**WHAT TO DO**
Only one stretch of the listing below is wanted. Give it again exactly, from the line with "pub writable : Bool" through the line with "rewrap f (ok a) = ok a".

**DATA SHOWN**
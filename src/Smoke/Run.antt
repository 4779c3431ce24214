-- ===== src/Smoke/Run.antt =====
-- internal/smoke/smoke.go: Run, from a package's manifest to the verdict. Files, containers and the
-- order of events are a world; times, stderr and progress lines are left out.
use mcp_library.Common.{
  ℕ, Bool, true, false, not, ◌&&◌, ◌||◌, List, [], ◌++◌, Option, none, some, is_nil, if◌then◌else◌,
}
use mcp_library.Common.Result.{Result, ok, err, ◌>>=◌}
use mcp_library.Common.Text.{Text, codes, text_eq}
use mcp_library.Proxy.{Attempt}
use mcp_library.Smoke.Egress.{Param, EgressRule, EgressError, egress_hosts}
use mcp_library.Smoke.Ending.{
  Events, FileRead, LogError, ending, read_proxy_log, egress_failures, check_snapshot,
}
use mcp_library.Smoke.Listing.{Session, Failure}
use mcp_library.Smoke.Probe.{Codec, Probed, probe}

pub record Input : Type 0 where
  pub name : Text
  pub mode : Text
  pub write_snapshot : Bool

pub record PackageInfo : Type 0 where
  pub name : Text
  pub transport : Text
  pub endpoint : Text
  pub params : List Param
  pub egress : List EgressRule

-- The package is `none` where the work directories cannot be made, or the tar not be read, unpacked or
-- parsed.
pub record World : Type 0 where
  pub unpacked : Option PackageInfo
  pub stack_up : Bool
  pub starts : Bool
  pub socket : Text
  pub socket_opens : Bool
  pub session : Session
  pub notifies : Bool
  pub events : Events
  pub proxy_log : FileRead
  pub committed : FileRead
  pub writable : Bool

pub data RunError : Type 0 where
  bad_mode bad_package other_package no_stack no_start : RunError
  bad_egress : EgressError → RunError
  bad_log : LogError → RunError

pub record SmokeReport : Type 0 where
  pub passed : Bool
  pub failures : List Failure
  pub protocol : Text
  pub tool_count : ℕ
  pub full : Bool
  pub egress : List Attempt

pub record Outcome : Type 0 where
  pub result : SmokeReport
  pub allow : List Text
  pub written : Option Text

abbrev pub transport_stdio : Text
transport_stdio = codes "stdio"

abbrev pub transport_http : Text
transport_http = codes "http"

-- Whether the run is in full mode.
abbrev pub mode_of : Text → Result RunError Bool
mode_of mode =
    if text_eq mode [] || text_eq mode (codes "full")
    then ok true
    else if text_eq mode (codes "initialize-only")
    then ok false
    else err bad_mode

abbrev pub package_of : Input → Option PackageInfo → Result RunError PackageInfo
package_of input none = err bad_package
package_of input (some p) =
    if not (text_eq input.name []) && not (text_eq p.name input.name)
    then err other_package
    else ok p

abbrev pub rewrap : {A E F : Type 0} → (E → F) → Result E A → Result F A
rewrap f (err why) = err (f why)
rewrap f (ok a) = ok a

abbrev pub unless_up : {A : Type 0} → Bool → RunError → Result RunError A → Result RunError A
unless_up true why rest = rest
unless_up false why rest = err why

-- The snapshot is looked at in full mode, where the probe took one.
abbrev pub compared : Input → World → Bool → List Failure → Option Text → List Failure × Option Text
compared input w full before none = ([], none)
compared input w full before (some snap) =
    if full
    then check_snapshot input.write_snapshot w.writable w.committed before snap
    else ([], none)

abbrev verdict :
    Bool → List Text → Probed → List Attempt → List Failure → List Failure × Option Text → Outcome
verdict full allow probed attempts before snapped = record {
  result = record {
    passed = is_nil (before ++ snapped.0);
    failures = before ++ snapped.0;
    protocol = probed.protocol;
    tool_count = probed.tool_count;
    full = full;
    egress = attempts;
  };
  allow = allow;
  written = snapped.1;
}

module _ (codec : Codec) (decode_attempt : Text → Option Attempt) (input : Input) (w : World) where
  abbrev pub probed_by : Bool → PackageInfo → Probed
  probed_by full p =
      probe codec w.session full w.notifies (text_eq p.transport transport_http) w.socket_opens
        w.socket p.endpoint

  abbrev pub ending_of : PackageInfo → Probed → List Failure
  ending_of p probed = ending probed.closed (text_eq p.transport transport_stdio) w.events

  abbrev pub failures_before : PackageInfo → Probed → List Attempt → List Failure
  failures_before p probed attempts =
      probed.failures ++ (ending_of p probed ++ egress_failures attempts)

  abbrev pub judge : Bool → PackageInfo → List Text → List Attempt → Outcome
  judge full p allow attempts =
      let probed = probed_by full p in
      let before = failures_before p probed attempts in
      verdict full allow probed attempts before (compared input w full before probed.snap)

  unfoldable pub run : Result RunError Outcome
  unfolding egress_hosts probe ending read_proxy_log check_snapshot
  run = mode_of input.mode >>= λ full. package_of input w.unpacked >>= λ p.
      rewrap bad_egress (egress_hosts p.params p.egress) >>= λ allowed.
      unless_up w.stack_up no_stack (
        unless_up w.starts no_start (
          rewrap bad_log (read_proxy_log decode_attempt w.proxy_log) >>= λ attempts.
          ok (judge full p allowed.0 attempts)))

**RESPONSE TO THE TASK**
  pub writable : Bool

pub data RunError : Type 0 where
  bad_mode bad_package other_package no_stack no_start : RunError
  bad_egress : EgressError → RunError
  bad_log : LogError → RunError

pub record SmokeReport : Type 0 where
  pub passed : Bool
  pub failures : List Failure
  pub protocol : Text
  pub tool_count : ℕ
  pub full : Bool
  pub egress : List Attempt

pub record Outcome : Type 0 where
  pub result : SmokeReport
  pub allow : List Text
  pub written : Option Text

abbrev pub transport_stdio : Text
transport_stdio = codes "stdio"

abbrev pub transport_http : Text
transport_http = codes "http"

-- Whether the run is in full mode.
abbrev pub mode_of : Text → Result RunError Bool
mode_of mode =
    if text_eq mode [] || text_eq mode (codes "full")
    then ok true
    else if text_eq mode (codes "initialize-only")
    then ok false
    else err bad_mode

abbrev pub package_of : Input → Option PackageInfo → Result RunError PackageInfo
package_of input none = err bad_package
package_of input (some p) =
    if not (text_eq input.name []) && not (text_eq p.name input.name)
    then err other_package
    else ok p

abbrev pub rewrap : {A E F : Type 0} → (E → F) → Result E A → Result F A
rewrap f (err why) = err (f why)
rewrap f (ok a) = ok a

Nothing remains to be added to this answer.